Suffolk Wildlife Trust’s Hazlewood Marshes featured in the ‘Vanishing Villages’ episode of BBC One’s Countryfile programme on Sunday 5th March. Presenter Matt Baker met Andrew Excell, our South East Suffolk Sites Manager and Warden Rachel Norman to see the amazing array of wildlife thriving on the intertidal marshes. 

BBC Countryfile Filming at Hazelwood Marshes, Sarah Groves

BBC Countryfile Filming at Hazelwood Marshes, Sarah Groves

In December 2013, a powerful storm surge swept down the east coast, breaching many sea and river walls and flooding homes and businesses. The surge affected six of our nature reserves, but none more dramatically than Hazlewood marshes – formerly a freshwater mosaic of grazing habitat, hedgerows and reeds protected from the River Alde by the river wall. 

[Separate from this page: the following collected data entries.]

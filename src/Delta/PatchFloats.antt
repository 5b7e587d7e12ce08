-- ===== src/Delta/PatchFloats.antt =====
-- The arm of `read_patched_value` of viewer.rs that reads arrays of f32 values.
use halospawns_infra.Prelude.{
  ℕ, Bool, true, false, Option, none, some, List, [], ◌∷◌, ◌||◌, ltb, leb, ◌==◌, if◌then◌else◌,
}
use halospawns_infra.Prelude.Results.{Result, ok, err, ok_or}
use halospawns_infra.Delta.Error.{
  Error, malformed_float32_array_base, malformed_float32_base, malformed_history_length,
  missing_dense_history, malformed_bitpacked, missing_bitpacked_history,
}
use halospawns_infra.Delta.Codes.{
  delta_dense_float32_difference_array, delta_dense_float32_xor_array,
  delta_dense_float32_bit_prediction_array, delta_dense_float32_bitpacked_array,
  float32_mode_bit_prediction, float32_mode_value_prediction, float32_mode_xor,
}
use halospawns_infra.Delta.Floats.{Floats}
use halospawns_infra.Delta.Value.{Value, array, Items, nil, cons, items_of, and_then, length_items}
use halospawns_infra.Delta.Reader.{M, ◌>>=◌, pure, raise, lift_result, byte}
use halospawns_infra.Delta.Numbers.{predict_bits, predict_value_bits}
use halospawns_infra.Delta.FloatArray.{exact_number}
use halospawns_infra.Delta.PatchNumber.{read_patched_bits, float32_value}
use halospawns_infra.Delta.Packed.{Accumulator, empty, fill, residual, shifted}
use halospawns_infra.Delta.Difference.{patched_float32_bits}

module _ (F : Floats) where
  abbrev narrowed : Option ℕ → Result Error (List ℕ) → Result Error (List ℕ)
  narrowed none rest = err malformed_float32_base
  narrowed (some n) (ok bits) = ok (F.narrow n ∷ bits)
  narrowed (some n) (err e) = err e

  -- fn float32_array_bits; short arrays use a scratch buffer, with the same result.
  unfoldable pub float32_array_bits : Items → Result Error (List ℕ)
  float32_array_bits nil = ok []
  float32_array_bits (cons v vs) = narrowed (exact_number F v) (float32_array_bits vs)

  abbrev pub with_some : Result Error (List ℕ) → Result Error (Option (List ℕ))
  with_some (ok bits) = ok (some bits)
  with_some (err e) = err e

  -- `before_previous_bits`
  unfoldable pub history_bits : Items → Option Items → Result Error (Option (List ℕ))
  unfolding float32_array_bits
  history_bits previous none = ok none
  history_bits previous (some before) =
      if length_items before == length_items previous
      then with_some (float32_array_bits before)
      else err malformed_history_length

  -- What each residual of a mode counts from.
  unfoldable pub patch_base : ℕ → ℕ → ℕ → ℕ
  patch_base mode history previous =
      if mode == float32_mode_bit_prediction
      then predict_bits F (F.widen history) (F.widen previous)
      else if mode == float32_mode_value_prediction
      then predict_value_bits F (F.widen history) (F.widen previous)
      else previous

  abbrev pub head_bits : List ℕ → ℕ
  head_bits [] = 0
  head_bits (h ∷ hs) = h

  abbrev pub tail_bits : List ℕ → List ℕ
  tail_bits [] = []
  tail_bits (h ∷ hs) = hs

  unfoldable pub patch_bases : ℕ → List ℕ → List ℕ → List ℕ
  unfolding patch_base
  patch_bases mode history [] = []
  patch_bases mode history (p ∷ ps) =
      patch_base mode (head_bits history) p ∷ patch_bases mode (tail_bits history) ps

  -- `for base in …: output.push(float32_value(patched_float32_bits(base, varuint, xor)))`
  unfoldable pub read_residuals : List ℕ → Bool → M Items
  read_residuals [] is_xor = pure nil
  read_residuals (base ∷ bases) is_xor = do
    v ← read_patched_bits F base is_xor
    vs ← read_residuals bases is_xor
    pure (cons v vs)

  -- The loop over the packed residuals.
  unfoldable pub read_packed : ℕ → Accumulator → List ℕ → Bool → M Items
  read_packed width a [] is_xor = pure nil
  read_packed width a (base ∷ bases) is_xor = do
    filled ← fill width width a
    bits ← lift_result (patched_float32_bits base (residual width filled) is_xor)
    v ← float32_value F bits
    vs ← read_packed width (shifted width filled) bases is_xor
    pure (cons v vs)

  abbrev pub is_none : Option (List ℕ) → Bool
  is_none none = true
  is_none (some hs) = false

  abbrev pub or_empty : Option (List ℕ) → List ℕ
  or_empty none = []
  or_empty (some hs) = hs

  -- DELTA_DENSE_FLOAT32_BITPACKED_ARRAY
  unfoldable pub read_bitpacked : List ℕ → Option (List ℕ) → M Items
  read_bitpacked previous history = do
    mode ← byte
    width ← byte
    if ltb float32_mode_value_prediction mode || ltb 32 width
        then raise malformed_bitpacked
        else if (if leb float32_mode_bit_prediction mode then is_none history else false)
        then raise missing_bitpacked_history
        else read_packed width empty (patch_bases mode (or_empty history) previous)
            (mode == float32_mode_xor)

  -- The arms after the two tests on `tag`.
  unfoldable pub read_float_kind : ℕ → List ℕ → Option (List ℕ) → M Items
  unfolding read_bitpacked
  read_float_kind tag previous history =
      if tag == delta_dense_float32_difference_array
      then read_residuals (patch_bases 1 [] previous) false
      else if tag == delta_dense_float32_xor_array
      then read_residuals (patch_bases 0 [] previous) true
      else if tag == delta_dense_float32_bitpacked_array
      then read_bitpacked previous history
      else elim history [
        | none ↦ raise missing_dense_history
        | some hs ↦
            read_residuals
              (patch_bases (if tag == delta_dense_float32_bit_prediction_array then 2 else 3) hs
                previous)
              false
      ]

  -- The arm of the five dense float tags.
  unfoldable pub read_float_array : ℕ → Option Value → Option Value → M Value
  read_float_array tag previous before = do
    ps ← lift_result (ok_or (and_then previous items_of) malformed_float32_array_base)
    bits ← lift_result (float32_array_bits ps)
    history ← lift_result (history_bits ps (and_then before items_of))
    vs ← read_float_kind tag bits history
    pure (array vs)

On the night of the 5th December, the river wall breached in three places – the power of the surge rushed over the wall ripping out the defences and allowing salt water to flood into the low-lying marshes. The freshwater marshes were wiped out overnight. However, after the initial shock, the conservation team at Suffolk Wildlife Trust soon recognised that nature had given us an opportunity to manage the reserve sustainably for the long-term and allow the marshes to return to their former natural state – an intertidal habitat with saltmarshes and muddy estuarine creeks. 

In this episode of BBC Countryfile, Matt chatted with Andrew and Rachel about how wildlife is exploiting the rich food resources now available at the marshes and hammered in some silt accretion posts to allow the team to monitor the build-up of sediment in the marshes as the mudflats slowly evolve into saltmarsh. 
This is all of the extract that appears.